YOUR GOAL
Find each line in the records below that contains the word "ApprovalDecision", and copy it out.

GIVEN DATA
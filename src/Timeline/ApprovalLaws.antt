-- ===== src/Timeline/ApprovalLaws.antt =====
-- The life of an approval in a turn: found, resolving, failed or completed.
use tea_desktop.Base.{
  ap, ◌⊎◌, Bool-cases, ◌≡◌, ◌≢◌, refl, Option-cases, inl, inr, List, [], ◌∷◌, Option, none, some,
  arith, map,
}
use tea_desktop.Base.Text.{text_eq, Text, text_eq_iff}
use tea_desktop.Conversation.{
  ApprovalDecision, cancel, ApprovalRequestStatus, ApprovalRequest, ConversationTurn,
  ConversationTurnBlock, assistant_text, agent_thought, tool_call, failure_tip, TerminalStatus,
}
use tea_desktop.Timeline.Blocks.{close_turn_blocks, close_streaming_text}
use tea_desktop.Timeline.Approvals.{
  find_in, find_approval, update_block, set_approval_resolving, set_approval_failed, complete_block,
  complete_approval,
}

module _ (update : ApprovalRequest → ApprovalRequest)
    (keeps : (a : ApprovalRequest) → (update a).id ≡ a.id) where
  find_in-update :
      (bs : List ConversationTurnBlock) (id : Text) (a : ApprovalRequest)
      → find_in bs id ≡ some a
      → find_in (map (update_block id update) bs) id ≡ some (update a)
  unfolding find_in
  find_in-update [] id a h = cc
  find_in-update (tool_call b ∷ bs) id a h = elim (Option-cases b.approval) [
    | inl e ↦ ground (arith, find_in-update bs id a)
    | inr (x, e) ↦ ground (arith, find_in-update bs id a, keeps x)
  ]
  find_in-update (assistant_text b ∷ bs) id a h = find_in-update bs id a h
  find_in-update (agent_thought b ∷ bs) id a h = find_in-update bs id a h
  find_in-update (failure_tip b ∷ bs) id a h = find_in-update bs id a h

  find_in-update_ne :
      (bs : List ConversationTurnBlock) (id j : Text)
      → id ≢ j
      → find_in (map (update_block id update) bs) j ≡ find_in bs j
  unfolding find_in
  find_in-update_ne [] id j h = refl
  find_in-update_ne (tool_call b ∷ bs) id j h = elim (Option-cases b.approval) [
    | inl e ↦ ground (arith, find_in-update_ne bs id j h)
    | inr (x, e) ↦
        ground
          (arith, find_in-update_ne bs id j h, keeps x, text_eq_iff x.id id, text_eq_iff x.id j)
  ]
  find_in-update_ne (assistant_text b ∷ bs) id j h = find_in-update_ne bs id j h
  find_in-update_ne (agent_thought b ∷ bs) id j h = find_in-update_ne bs id j h
  find_in-update_ne (failure_tip b ∷ bs) id j h = find_in-update_ne bs id j h

find_in_complete :
    (bs : List ConversationTurnBlock) (id : Text) (d : ApprovalDecision)
    → find_in (map (complete_block id d) bs) id ≡ none
unfolding find_in
find_in_complete [] id d = refl
find_in_complete (tool_call b ∷ bs) id d = elim (Option-cases b.approval) [
  | inl e ↦ ground (arith, find_in_complete bs id d)
  | inr (x, e) ↦ ground (arith, find_in_complete bs id d)
]
find_in_complete (assistant_text b ∷ bs) id d = find_in_complete bs id d
find_in_complete (agent_thought b ∷ bs) id d = find_in_complete bs id d
find_in_complete (failure_tip b ∷ bs) id d = find_in_complete bs id d

find_in_complete_ne :
    (bs : List ConversationTurnBlock) (id j : Text) (d : ApprovalDecision)
    → id ≢ j
    → find_in (map (complete_block id d) bs) j ≡ find_in bs j
unfolding find_in
find_in_complete_ne [] id j d h = refl
find_in_complete_ne (tool_call b ∷ bs) id j d h = elim (Option-cases b.approval) [
  | inl e ↦ ground (arith, find_in_complete_ne bs id j d h)
  | inr (x, e) ↦
      ground (arith, find_in_complete_ne bs id j d h, text_eq_iff x.id id, text_eq_iff x.id j)
]
find_in_complete_ne (assistant_text b ∷ bs) id j d h = find_in_complete_ne bs id j d h
find_in_complete_ne (agent_thought b ∷ bs) id j d h = find_in_complete_ne bs id j d h
find_in_complete_ne (failure_tip b ∷ bs) id j d h = find_in_complete_ne bs id j d h

find_in-close :
    (bs : List ConversationTurnBlock) (s : TerminalStatus) (j : Text)
    → find_in (close_turn_blocks bs s) j ≡ none
unfolding find_in close_turn_blocks close_streaming_text
find_in-close [] s j = refl
find_in-close (tool_call b ∷ bs) s j = ground (arith, find_in-close bs s j)
find_in-close (assistant_text b ∷ bs) s j = ground (arith, find_in-close bs s j)
find_in-close (agent_thought b ∷ bs) s j = ground (arith, find_in-close bs s j)
find_in-close (failure_tip b ∷ bs) s j = find_in-close bs s j

-- The block of a tool call that waits for the approval.
abbrev pub HasApproval : Text → ConversationTurnBlock → Type 0
HasApproval id (tool_call b) = (a : ApprovalRequest) × (b.approval ≡ some a) × (a.id ≡ id)
HasApproval id _ = ⊥

abbrev pub without_approval : ConversationTurnBlock → ConversationTurnBlock
without_approval (tool_call b) = tool_call (record b { approval = none })
without_approval b = b

-- The same blocks, but for the approval itself in those that wait for it.
abbrev pub AgreeBut : Text → List ConversationTurnBlock → List ConversationTurnBlock → Type 0
AgreeBut id [] [] = Unit
AgreeBut id (b ∷ bs) (c ∷ cs) =
    ((b ≡ c) ⊎ (HasApproval id b × (without_approval b ≡ without_approval c))) × AgreeBut id bs cs
AgreeBut id _ _ = ⊥

-- The same turn, but for the approval.
abbrev pub SameBut : Text → ConversationTurn → ConversationTurn → Type 0
SameBut id t u = AgreeBut id t.blocks u.blocks × (record u { blocks = t.blocks } ≡ t)

update-AgreeBut :
    (update : ApprovalRequest → ApprovalRequest) (id : Text) (bs : List ConversationTurnBlock)
    → AgreeBut id bs (map (update_block id update) bs)
update-AgreeBut update id [] = tt
update-AgreeBut update id (tool_call b ∷ bs) = elim (Option-cases b.approval) [
  | inl e ↦
      let same : tool_call b ≡ update_block id update (tool_call b) = simp e in
      (inl same, update-AgreeBut update id bs)
  | inr (x, e) ↦ elim (Bool-cases (text_eq x.id id)) [
    | inl f ↦
        let next : tool_call (record b { approval = some (update x) })
            ≡ update_block id update (tool_call b) =
          simp (e, f) in
        (
          inr ((x, e, (text_eq_iff x.id id).0 f), ap without_approval next),
          update-AgreeBut update id bs,
        )
    | inr f ↦
        let same : tool_call b ≡ update_block id update (tool_call b) = simp (e, f) in
        (inl same, update-AgreeBut update id bs)
  ]
]
update-AgreeBut update id (assistant_text b ∷ bs) = (inl refl, update-AgreeBut update id bs)
update-AgreeBut update id (agent_thought b ∷ bs) = (inl refl, update-AgreeBut update id bs)
update-AgreeBut update id (failure_tip b ∷ bs) = (inl refl, update-AgreeBut update id bs)

-- An approval that a turn holds is marked as resolving with the decision, its earlier error
-- cleared, and as failed with the error; approvals of other ids stay as they were. Nothing else of
-- the turn changes: its other fields, the order of its blocks, the blocks that do not wait for that
-- approval, and of those that do all but the approval.
pub approval_updates :
    (t : ConversationTurn) (id j error : Text) (d : ApprovalDecision) (a : ApprovalRequest)
    → find_approval t id ≡ some a
    → id ≢ j
    → (find_approval (set_approval_resolving t id d) id
        ≡ some (record a {
          status = ApprovalRequestStatus.resolving;
          decision = some d;
          error = none;
        }))
      × (find_approval (set_approval_failed t id error) id
          ≡ some (record a { status = ApprovalRequestStatus.failed; error = some error }))
      × (find_approval (set_approval_resolving t id d) j ≡ find_approval t j)
      × (find_approval (set_approval_failed t id error) j ≡ find_approval t j)
      × SameBut id t (set_approval_resolving t id d)
      × SameBut id t (set_approval_failed t id error)
unfolding find_approval set_approval_resolving set_approval_failed
approval_updates t id j error d a h n = (
  find_in-update _ (λ x. refl) t.blocks id a h,
  find_in-update _ (λ x. refl) t.blocks id a h,
  find_in-update_ne _ (λ x. refl) t.blocks id j n,
  find_in-update_ne _ (λ x. refl) t.blocks id j n,
  (update-AgreeBut _ id t.blocks, refl),
  (update-AgreeBut _ id t.blocks, refl),
)

-- What `decision` leaves of the other approvals.
abbrev pub left_by : ApprovalDecision → Option ApprovalRequest → Option ApprovalRequest
left_by cancel other = none
left_by _ other = other

-- A completed approval is gone whatever the decision was. Other approvals stay, but for `cancel`,
-- which leaves none.
pub complete_approval_removes :
    (t : ConversationTurn) (id j : Text) (d : ApprovalDecision)
    → id ≢ j
    → (find_approval (complete_approval t id d) id ≡ none)
      × (find_approval (complete_approval t id d) j ≡ left_by d (find_approval t j))
unfolding find_approval complete_approval
complete_approval_removes t id j cancel n =
    (find_in-close _ TerminalStatus.cancelled id, find_in-close _ TerminalStatus.cancelled j)
complete_approval_removes t id j d n =
    (find_in_complete t.blocks id d, find_in_complete_ne t.blocks id j d n)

TASK RESULT
  ApprovalDecision, cancel, ApprovalRequestStatus, ApprovalRequest, ConversationTurn,
    (bs : List ConversationTurnBlock) (id : Text) (d : ApprovalDecision)
    (bs : List ConversationTurnBlock) (id j : Text) (d : ApprovalDecision)
    (t : ConversationTurn) (id j error : Text) (d : ApprovalDecision) (a : ApprovalRequest)
abbrev pub left_by : ApprovalDecision → Option ApprovalRequest → Option ApprovalRequest
    (t : ConversationTurn) (id j : Text) (d : ApprovalDecision)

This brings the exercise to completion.